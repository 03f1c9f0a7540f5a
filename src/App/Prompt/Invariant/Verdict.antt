-- ===== src/App/Prompt/Invariant/Verdict.antt =====
-- internal/app/prompt.go: what follows a report of the verification keeps the invariants of the loop.
use cyber_foreman.Prelude.{
  ℕ, ◌+◌, String, str_eq, true, ◌&&◌, ◌||◌, List, [], ◌∷◌, Option, none, some, ◌≡◌, refl, inl, inr,
  Bool-cases, if_both,
}
use cyber_foreman.Domain.{TaskStatus, running, waiting, attention, is_status}
use cyber_foreman.Supervisor.Types.{
  Snapshot, Decision, is_action, repair, semantic_redirect, attention_required,
}
use cyber_foreman.Supervisor.Executor.{ExecuteError}
use cyber_foreman.Supervisor.Semantic.{
  SemanticVerdict, SemanticReview, pass, redirect, uncertain, attention as attention_verdict,
}
use cyber_foreman.App.Types.{ServiceError, Service}
use cyber_foreman.App.Verify.{VerificationReport}
use cyber_foreman.App.Review.{Reviewer, ReviewSubject, review_agent_turn, review_with}
use cyber_foreman.App.Prompt.State.{Plant, Loop, loop_of, attend}
use cyber_foreman.App.Prompt.TurnEnd.{
  over_budget, follow_up, followed_up, settled, settle, redirect_decision, redirected,
  attention_decision, attended_session, escalated, by_verdict, by_review, store_context,
  on_verified, repaired, fail_by, on_refuted,
}
use cyber_foreman.App.Prompt.Invariant.{
  stands, Invariant, Holds, attend-Holds, transit-Holds, run_decision-Holds, start_prompt-Holds,
  no_op_performer-Quiet,
}

module _ {J S W : Type 0} {p : Plant J S W} {R : VerificationReport → Type 0}
    {I : Service J S → Snapshot → ℕ → Type 0} (inv : Invariant p R I) where
  follow_up-Holds :
      (reason words : String) (d : Decision) (now : ℕ) (l : Loop J S W)
      → Holds inv l
      → Holds inv (follow_up p reason words d now l)
  follow_up-Holds reason words d now l h =
      start_prompt-Holds inv words words "supervisor" true now _
        (inv.announces _ (inv.observes running _ _ h))

  followed_up-Holds :
      (reason words : String) (d : Decision) (now : ℕ) (e : Option ServiceError) (l : Loop J S W)
      → Holds inv l
      → Holds inv (loop_of (followed_up p reason words d now (e, l)))
  followed_up-Holds reason words d now (some x) l h = h
  followed_up-Holds reason words d now none l h = follow_up-Holds reason words d now l h

  settled-Holds :
      (s : Option TaskStatus) (l : Loop J S W) → Holds inv l → Holds inv (loop_of (settled p s l))
  settled-Holds none l h = h
  settled-Holds (some s) l h =
      elim (Bool-cases (p.runtime.interactive && (is_status s waiting || is_status s attention))) [
        | inl y ↦ rw y (inv.observes s _ _ h)
        | inr n ↦ rw n h
      ]

  attend_stay-Holds :
      (reason : String) (now : ℕ) (l : Loop J S W) → Holds inv l → Holds inv (attend p reason now l)
  unfolding attend
  attend_stay-Holds reason now l h = inv.attends reason now h

  module _ {report : VerificationReport} (given : R report) where
    settle-Holds :
        (now : ℕ) (l : Loop J S W)
        → stands report ≡ true
        → Holds inv l
        → Holds inv (loop_of (settle p report now l))
    unfolding settle
    settle-Holds now l ok h = settled-Holds _ _ (inv.finishes report now given ok h)

    redirected-Holds :
        (r : SemanticReview) (d : Decision) (now : ℕ) (e : Option ExecuteError) (n : Snapshot)
        (t : Option String) (l : Loop J S W)
        → stands report ≡ true
        → Holds inv l
        → Holds inv (record l { snapshot = n })
        → Holds inv (loop_of (redirected p r report d now (e, n, t, l)))
    redirected-Holds r d now none n t l ok h k =
        followed_up-Holds _ _ d now _ _
          (transit-Holds inv running _ now (record l { snapshot = n }) refl k)
    redirected-Holds r d now (some x) n t l ok h k = elim (Bool-cases (over_budget x)) [
      | inl y ↦ rw y (settle-Holds now l ok h)
      | inr m ↦ rw m (attend-Holds inv _ now l h)
    ]

    attended_session-Holds :
        (e : Option ServiceError) (l : Loop J S W)
        → Holds inv l
        → Holds inv (loop_of (attended_session p e l))
    attended_session-Holds (some x) l h = h
    attended_session-Holds none l h =
        if_both (λ o. Holds inv (loop_of o)) p.runtime.interactive (inv.observes attention _ _ h)
          (inv.observes attention _ _ h)

    escalated-Holds :
        (r : SemanticReview) (now : ℕ) (e : Option ExecuteError) (n : Snapshot) (t : Option String)
        (l : Loop J S W)
        → stands report ≡ true
        → Holds inv l
        → Holds inv (record l { snapshot = n })
        → Holds inv (loop_of (escalated p r report now (e, n, t, l)))
    escalated-Holds r now none n t l ok h k = attended_session-Holds _ _ (inv.attends _ now k)
    escalated-Holds r now (some x) n t l ok h k = elim (Bool-cases (over_budget x)) [
      | inl y ↦ rw y (settle-Holds now l ok h)
      | inr m ↦ rw m (attend-Holds inv _ now l h)
    ]

    by_verdict-Holds :
        (v : SemanticVerdict) (r : SemanticReview) (now : ℕ) (l : Loop J S W)
        → stands report ≡ true
        → Holds inv l
        → Holds inv (loop_of (by_verdict p v r report now l))
    unfolding by_verdict
    by_verdict-Holds pass r now l ok h = settle-Holds now l ok h
    by_verdict-Holds uncertain r now l ok h = settle-Holds now l ok h
    by_verdict-Holds redirect r now l ok h =
        let d = redirect_decision p r (record l { sequence = l.sequence + 1 }) in
        let k = run_decision-Holds inv _ d now _ (no_op_performer-Quiet p semantic_redirect) h in
        redirected-Holds r d now _ _ _ _ ok k.0 k.1
    by_verdict-Holds attention_verdict r now l ok h =
        let d = attention_decision p r (record l { sequence = l.sequence + 1 }) in
        let k = run_decision-Holds inv _ d now _ (no_op_performer-Quiet p attention_required) h in
        escalated-Holds r now _ _ _ _ ok k.0 k.1

    by_review-Holds :
        (now : ℕ) (r : Option SemanticReview) (s : Service J S) (w : W) (l : Loop J S W)
        → stands report ≡ true
        → Holds inv (record l { service = s })
        → Holds inv (loop_of (by_review p report now (r, s, w) l))
    by_review-Holds now none s w l ok h = settle-Holds now _ ok h
    by_review-Holds now (some r) s w l ok h = by_verdict-Holds r.verdict r now _ ok h

    review_agent_turn-Keeps :
        (v : Option (Reviewer W)) (q : ReviewSubject) (now : ℕ) (s : Service J S) (w : W)
        {n : Snapshot} {g : ℕ}
        → I s n g
        → I (review_agent_turn p.env p.trim v q now s w).1 n g
    unfolding review_agent_turn review_with
    review_agent_turn-Keeps none q now s w h = h
    review_agent_turn-Keeps (some v) q now s w h =
        elim (Bool-cases (str_eq (p.trim q.response) "")) [
          | inl y ↦ rw y h
          | inr m ↦ rw m (inv.announces _ (inv.announces _ h))
        ]

    pub on_verified-Holds :
        (now : ℕ) (l : Loop J S W)
        → stands report ≡ true
        → Holds inv l
        → Holds inv (loop_of (on_verified p report now l))
    unfolding on_verified
    on_verified-Holds now l ok h =
        if_both (λ o. Holds inv (loop_of o)) p.runtime.semantic_final
          (by_review-Holds now _ _ _ (store_context p report l) ok
            (review_agent_turn-Keeps p.reviewer _ now _ _ (inv.replaces _ h)))
          (settle-Holds now (store_context p report l) ok (inv.replaces _ h))

    repaired-Holds :
        (d : Decision) (now : ℕ) (e : Option ExecuteError) (n : Snapshot) (t : Option String)
        (l : Loop J S W)
        → Holds inv l
        → Holds inv (record l { snapshot = n })
        → Holds inv (loop_of (repaired p report d now (e, n, t, l)))
    repaired-Holds d now (some x) n t l h k = attend-Holds inv _ now l h
    repaired-Holds d now none n t l h k =
        followed_up-Holds _ _ d now _ _
          (transit-Holds inv running _ now (record l { snapshot = n }) refl k)

    fail_by-Holds :
        (now : ℕ) (ds : List Decision) (l : Loop J S W)
        → Holds inv l
        → Holds inv (loop_of (fail_by p report now ds l))
    unfolding fail_by
    fail_by-Holds now [] l h = attend-Holds inv _ now l h
    fail_by-Holds now (d ∷ e ∷ ds) l h = attend-Holds inv _ now l h
    fail_by-Holds now (d ∷ []) l h = elim (Bool-cases (is_action d.action repair)) [
      | inl y ↦
          let k = run_decision-Holds inv _ d now l (no_op_performer-Quiet p repair) h in
          rw y (repaired-Holds d now _ _ _ _ k.0 k.1)
      | inr n ↦ elim (Bool-cases (is_action d.action attention_required)) [
        | inr m ↦ rw (n, m) (attend-Holds inv _ now l h)
        | inl y ↦
            let k =
              run_decision-Holds inv _ d now l (no_op_performer-Quiet p attention_required) h in
            let a = attend_stay-Holds d.reason now _ k.1 in
            rw (n, y)
              (if_both (λ o. Holds inv (loop_of o)) p.runtime.interactive
                (inv.observes attention _ _ a) a)
      ]
    ]

    pub on_refuted-Holds :
        (now : ℕ) (l : Loop J S W) → Holds inv l → Holds inv (loop_of (on_refuted p report now l))
    unfolding on_refuted
    on_refuted-Holds now l h = fail_by-Holds now _ _ h
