-- ===== src/App/Prompt/Invariant/TurnEnd.antt =====
-- internal/app/prompt.go: the round for the end of a turn keeps the invariants of the loop.
use cyber_foreman.Prelude.{
  ℕ, ◌==◌, String, str_eq, Bool, true, not, ◌&&◌, ◌||◌, List, [], ◌∷◌, Option, none, some, refl,
  sym, subst, inl, inr, Bool-cases, if_both,
}
use cyber_foreman.Domain.{verifying}
use cyber_foreman.Supervisor.Types.{Snapshot, Decision, is_action, start_verification}
use cyber_foreman.Supervisor.Executor.{ExecuteError}
use cyber_foreman.Event.{Event}
use cyber_foreman.App.Service.{transition}
use cyber_foreman.App.Types.{ServiceError, Service}
use cyber_foreman.App.Verify.{
  has_commands, VerificationReport, execute_verification, verify_workspace, verify_commands,
}
use cyber_foreman.App.Prompt.State.{Plant, Loop, loop_of, transit, run_decision}
use cyber_foreman.App.Prompt.Performers.{no_op_performer}
use cyber_foreman.App.Prompt.Turn.{stop_mid_turn_review}
use cyber_foreman.App.Prompt.TurnEnd.{
  PromptOutcome, verified, verification_begun, verification_authorized, verify_by, finish_turn,
  send_follow_up, is_error, on_outcome,
}
use cyber_foreman.App.Prompt.Invariant.{
  report_of, run_decision_quiet, stands, Invariant, Holds, attend-Holds, transit-Holds,
  run_decision-Holds, start_prompt-Holds, no_op_performer-Quiet,
}
use cyber_foreman.App.Prompt.Invariant.Recovery.{lose-Holds}
use cyber_foreman.App.Prompt.Invariant.Verdict.{on_verified-Holds, on_refuted-Holds}

module _ {J S W : Type 0} {p : Plant J S W} {R : VerificationReport → Type 0}
    {I : Service J S → Snapshot → ℕ → Type 0} (inv : Invariant p R I) where
  verify_workspace-Keeps :
      (now : ℕ) (s : Service J S) (w : W) {n : Snapshot} {g : ℕ}
      → I s n g
      → I (verify_workspace p.env p.sys p.checkout p.task_id p.runtime now s w).1 n g
  unfolding verify_workspace
  verify_workspace-Keeps now s w {n} {g} h =
      if_both (λ (x : VerificationReport × Service J S × W). I x.1 n g)
        p.runtime.verification.workspace (inv.announces _ (inv.announces _ h)) h

  verify_commands-Keeps :
      (now : ℕ) (r : VerificationReport) (s : Service J S) (w : W) {n : Snapshot} {g : ℕ}
      → I s n g
      → I (verify_commands p.env p.sys p.checkout p.task_id p.runtime now (r, s, w)).1 n g
  unfolding verify_commands
  verify_commands-Keeps now r s w {n} {g} h =
      if_both (λ (x : VerificationReport × Service J S × W). I x.1 n g)
        (r.passed && has_commands p.runtime.verification.commands)
        (inv.announces _ (inv.announces _ h))
        (if_both (λ (x : VerificationReport × Service J S × W). I x.1 n g)
          (has_commands p.runtime.verification.commands) h h)

  execute_verification-Keeps :
      (now : ℕ) (s : Service J S) (w : W) {n : Snapshot} {g : ℕ}
      → I s n g
      → I (execute_verification p.env p.sys p.checkout p.task_id p.runtime now s w).1 n g
  unfolding execute_verification
  execute_verification-Keeps now s w h =
      verify_commands-Keeps now _ _ _ (verify_workspace-Keeps now s w h)

  -- The report of a verification that starts with this service in this world.
  abbrev reported : ℕ → Service J S → W → VerificationReport
  reported now s w =
      (execute_verification p.env p.sys p.checkout p.task_id p.runtime now
        (transition p.env p.ops p.task_id verifying "agent turn finished" now s).1 w).0

  verified-Holds :
      (now : ℕ) (r : VerificationReport) (s : Service J S) (w : W) (l : Loop J S W)
      → R r
      → Holds inv (record l { service = s })
      → Holds inv (loop_of (verified p now (r, s, w) l))
  unfolding stands
  verified-Holds now r s w l g h = elim (Bool-cases (not r.required || r.passed)) [
    | inl y ↦ rw y (on_verified-Holds inv g now _ y h)
    | inr n ↦ rw n (on_refuted-Holds inv g now _ h)
  ]

  verification_begun-Holds :
      (now : ℕ) (e : Option ServiceError) (l : Loop J S W)
      → R (execute_verification p.env p.sys p.checkout p.task_id p.runtime now l.service l.world).0
      → Holds inv l
      → Holds inv (loop_of (verification_begun p now (e, l)))
  verification_begun-Holds now (some x) l g h = h
  verification_begun-Holds now none l g h =
      verified-Holds now _ _ _ (record l { snapshot = record l.snapshot { status = verifying } }) g
        (execute_verification-Keeps now l.service l.world (inv.observes verifying _ _ h))

  verification_authorized-Holds :
      (now : ℕ) (e : Option ExecuteError) (n : Snapshot) (t : Option String) (l : Loop J S W)
      → R (reported now l.service l.world)
      → Holds inv l
      → Holds inv (record l { snapshot = n })
      → Holds inv (loop_of (verification_authorized p now (e, n, t, l)))
  unfolding transit
  verification_authorized-Holds now (some x) n t l g h k = attend-Holds inv _ now l h
  verification_authorized-Holds now none n t l g h k =
      let m = record l { snapshot = n } in
      let x = transit p verifying "agent turn finished" now m in
      verification_begun-Holds now x.0 x.1 g
        (transit-Holds inv verifying "agent turn finished" now m refl k)

  verify_by-Holds :
      (now : ℕ) (ds : List Decision) (l : Loop J S W)
      → ((es : List Event) → R (report_of p now l es))
      → Holds inv l
      → Holds inv (loop_of (verify_by p now ds l))
  unfolding verify_by
  verify_by-Holds now [] l g h = attend-Holds inv _ now l h
  verify_by-Holds now (d ∷ e ∷ ds) l g h = attend-Holds inv _ now l h
  verify_by-Holds now (d ∷ []) l g h = elim (Bool-cases (is_action d.action start_verification)) [
    | inl y ↦
        let k = run_decision-Holds inv _ d now l (no_op_performer-Quiet p start_verification) h in
        let (b, e, f) = run_decision_quiet p start_verification d now l in
        let x = run_decision p (no_op_performer p start_verification) d now l in
        let r : R (reported now x.3.service x.3.world) =
          subst (λ v. R (reported now x.3.service v)) (sym f)
            (subst (λ s. R (reported now s l.world)) (sym e) (g b)) in
        rw y (verification_authorized-Holds now x.0 x.1 x.2 x.3 r k.0 k.1)
    | inr n ↦ rw n (attend-Holds inv _ now l h)
  ]

  finish_turn-Holds :
      (o : PromptOutcome) (now : ℕ) (l : Loop J S W)
      → ((es : List Event) → R (report_of p now l es))
      → Holds inv l
      → Holds inv (loop_of (finish_turn p o now l))
  unfolding finish_turn
  finish_turn-Holds o now l g h = verify_by-Holds now _ _ g h

  send_follow_up-Holds :
      (o : PromptOutcome) (now : ℕ) (l : Loop J S W)
      → Holds inv l
      → Holds inv (send_follow_up p o now l)
  unfolding send_follow_up
  send_follow_up-Holds o now l h =
      start_prompt-Holds inv l.pending_follow_up l.pending_follow_up l.pending_follow_up_source true
        now _ (inv.announces _ h)

  pub on_outcome-Holds :
      (ended : Bool) (o : PromptOutcome) (now : ℕ) (l : Loop J S W)
      → ((es : List Event) → R (report_of p now l es))
      → Holds inv l
      → Holds inv (loop_of (on_outcome p ended o now l))
  unfolding on_outcome stop_mid_turn_review
  on_outcome-Holds ended o now l g h =
      elim (Bool-cases
        (not (o.generation == l.generation) || not (str_eq o.session_id l.session_id))) [
          | inl y ↦ rw y h
          | inr n ↦ elim (Bool-cases ended) [
            | inl y ↦ rw (n, y) h
            | inr m ↦ elim (Bool-cases (is_error p o.error)) [
              | inl y ↦ rw (n, m, y) (lose-Holds inv _ _ true now _ h)
              | inr q ↦ elim (Bool-cases (not (str_eq l.pending_follow_up ""))) [
                | inl y ↦ rw (n, m, q, y) (send_follow_up-Holds o now _ h)
                | inr r ↦ rw (n, m, q, r) (finish_turn-Holds o now _ g h)
              ]
            ]
          ]
        ]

ASSIGNED TASK – Make a copy of each line in the records that has the word "SemanticVerdict".

TASK RESPONSE –
  SemanticVerdict, SemanticReview, pass, redirect, uncertain, attention as attention_verdict,
        (v : SemanticVerdict) (r : SemanticReview) (now : ℕ) (l : Loop J S W)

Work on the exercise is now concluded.